Assigned task: Beginning with the very first line, please reproduce the entries exactly through the line containing "normalize_page_limit (some (whole".

Data shown:
++++++++
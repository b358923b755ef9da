-- ===== src/VaultCore/FileHistory/Listing.antt =====
-- `listFileHistory`: the versions of a note, pending and committed, the newest first, page by page.
-- `localeCompare` and `sort`, which takes the comparison, are arguments.
-- What `readCommittedHistory` gives for a path is an argument: Committed.antt has it, with rounds that are enough.
pub mod Pages
use Prim.Native.Nat.{compare, Ordering}
use kb_1_daemon.Prelude.{
  ℕ, zero, suc, ◌+◌, min, Bool, true, false, List, [], ◌∷◌, ◌++◌, map, Option, none, some, Text,
  text_eq, length, take, ltb, ◌==◌, if◌then◌else◌, Result, ok, err,
}
use kb_1_daemon.VaultCore.Path.{Platform, file, InvalidPathError, validate_vault_path}
use kb_1_daemon.VaultCore.Search.{Number, whole, between, below_zero, not_finite}
use kb_1_daemon.VaultCore.FileHistory.{FileHistoryEntry, PendingHistoryEntry, Host}
use kb_1_daemon.VaultCore.FileHistory.Committed.{CommittedHistoryRecord}
use kb_1_daemon.VaultCore.FileHistory.Pending.{PendingHistoryMap, pending_entry_to_history_entry}

pub record ListFileHistoryInput : Type 0 where
  pub path : Text
  pub before : Option Text
  pub before_id : Option Text
  pub limit : Option Number

pub record FileHistoryPage : Type 0 where
  pub entries : List FileHistoryEntry
  pub has_more : Bool

abbrev pub default_history_page_limit : ℕ
default_history_page_limit = 50

abbrev pub max_history_page_limit : ℕ
max_history_page_limit = 200

unfoldable pub normalize_page_limit : Option Number → ℕ
normalize_page_limit (some (whole (suc n))) = min (suc n) max_history_page_limit
normalize_page_limit _ = default_history_page_limit

-- `s < t`, by code units.
unfoldable pub text_lt : Text → Text → Bool
text_lt s [] = false
text_lt [] (d ∷ t) = true
text_lt (c ∷ s) (d ∷ t) =
    let later = text_lt s t in if ltb c d then true else if ltb d c then false else later

abbrev pub then_by : Ordering → Ordering → Ordering
then_by Ordering.lt other = Ordering.lt
then_by Ordering.eq other = other
then_by Ordering.gt other = Ordering.gt

-- The difference of two times, where NaN counts as no difference.
abbrev pub time_delta : Option ℕ → Option ℕ → Ordering
time_delta none right = Ordering.eq
time_delta (some t) none = Ordering.eq
time_delta (some t) (some u) = compare t u

module _ (h : Host) where
  module _ (locale_compare : Text → Text → Ordering) where
    unfoldable pub compare_history_entries_desc : FileHistoryEntry → FileHistoryEntry → Ordering
    compare_history_entries_desc left right =
        then_by (time_delta (h.time_of right.created_at) (h.time_of left.created_at))
          (locale_compare right.id left.id)

  abbrev pub is_before_id : Option Text → Text → Bool
  is_before_id none id = false
  is_before_id (some before_id) id = text_lt id before_id

  abbrev pub is_before : ℕ → Option Text → Option ℕ → Text → Bool
  is_before time before_id none id = is_before_id before_id id
  is_before time before_id (some entry_time) id =
      if ltb entry_time time
      then true
      else if ltb time entry_time
      then false
      else is_before_id before_id id

  abbrev pub keep_before : ℕ → Option Text → List FileHistoryEntry → List FileHistoryEntry
  keep_before time before_id [] = []
  keep_before time before_id (e ∷ entries) =
      let later = keep_before time before_id entries in
      if is_before time before_id (h.time_of e.created_at) e.id then e ∷ later else later

  abbrev pub cursor_at : List FileHistoryEntry → Option Text → Option ℕ → List FileHistoryEntry
  cursor_at entries before_id none = entries
  cursor_at entries before_id (some time) = keep_before time before_id entries

  unfoldable pub apply_history_cursor :
      List FileHistoryEntry → Option Text → Option Text → List FileHistoryEntry
  apply_history_cursor entries none before_id = entries
  apply_history_cursor entries (some []) before_id = entries
  apply_history_cursor entries (some (c ∷ before)) before_id =
      cursor_at entries before_id (h.time_of (c ∷ before))

  unfoldable pub pending_entries_for_path : PendingHistoryMap → Text → List FileHistoryEntry
  pending_entries_for_path [] rel = []
  pending_entries_for_path ((key, e) ∷ pending) rel =
      let later = pending_entries_for_path pending rel in
      if text_eq e.path rel then pending_entry_to_history_entry h e ∷ later else later

  abbrev pub page_at : ℕ → List FileHistoryEntry → FileHistoryPage
  page_at limit limited = record {
    entries = take limit limited;
    has_more = ltb (length (take limit limited)) (length limited);
  }

  module _ (platform : Platform) (locale_compare : Text → Text → Ordering)
      (sort : (FileHistoryEntry → FileHistoryEntry → Ordering)
        → List FileHistoryEntry
        → List FileHistoryEntry)
      (pending : PendingHistoryMap) (committed_history : Text → List CommittedHistoryRecord) where
    -- All versions, the newest first.
    abbrev pub newest_first : Text → List FileHistoryEntry
    newest_first rel =
        sort (compare_history_entries_desc locale_compare)
          (pending_entries_for_path pending rel ++ map (λ c. c.entry) (committed_history rel))

    abbrev pub list_if_valid :
        ListFileHistoryInput
        → Result InvalidPathError Text
        → Result InvalidPathError FileHistoryPage
    list_if_valid input (err e) = err e
    list_if_valid input (ok rel) = ok (
        page_at (normalize_page_limit input.limit)
          (apply_history_cursor (newest_first rel) input.before input.before_id))

    unfoldable pub list_file_history :
        ListFileHistoryInput → Result InvalidPathError FileHistoryPage
    list_file_history input = list_if_valid input (validate_vault_path platform input.path file)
++++++++
Answer box:
repository b358923b755ef9da
-- ===== src/VaultCore/FileHistory/Listing.antt =====
-- `listFileHistory`: the versions of a note, pending and committed, the newest first, page by page.
-- `localeCompare` and `sort`, which takes the comparison, are arguments.
-- What `readCommittedHistory` gives for a path is an argument: Committed.antt has it, with rounds that are enough.
pub mod Pages
use Prim.Native.Nat.{compare, Ordering}
use kb_1_daemon.Prelude.{
  ℕ, zero, suc, ◌+◌, min, Bool, true, false, List, [], ◌∷◌, ◌++◌, map, Option, none, some, Text,
  text_eq, length, take, ltb, ◌==◌, if◌then◌else◌, Result, ok, err,
}
use kb_1_daemon.VaultCore.Path.{Platform, file, InvalidPathError, validate_vault_path}
use kb_1_daemon.VaultCore.Search.{Number, whole, between, below_zero, not_finite}
use kb_1_daemon.VaultCore.FileHistory.{FileHistoryEntry, PendingHistoryEntry, Host}
use kb_1_daemon.VaultCore.FileHistory.Committed.{CommittedHistoryRecord}
use kb_1_daemon.VaultCore.FileHistory.Pending.{PendingHistoryMap, pending_entry_to_history_entry}

pub record ListFileHistoryInput : Type 0 where
  pub path : Text
  pub before : Option Text
  pub before_id : Option Text
  pub limit : Option Number

pub record FileHistoryPage : Type 0 where
  pub entries : List FileHistoryEntry
  pub has_more : Bool

abbrev pub default_history_page_limit : ℕ
default_history_page_limit = 50

abbrev pub max_history_page_limit : ℕ
max_history_page_limit = 200

unfoldable pub normalize_page_limit : Option Number → ℕ
normalize_page_limit (some (whole (suc n))) = min (suc n) max_history_page_limit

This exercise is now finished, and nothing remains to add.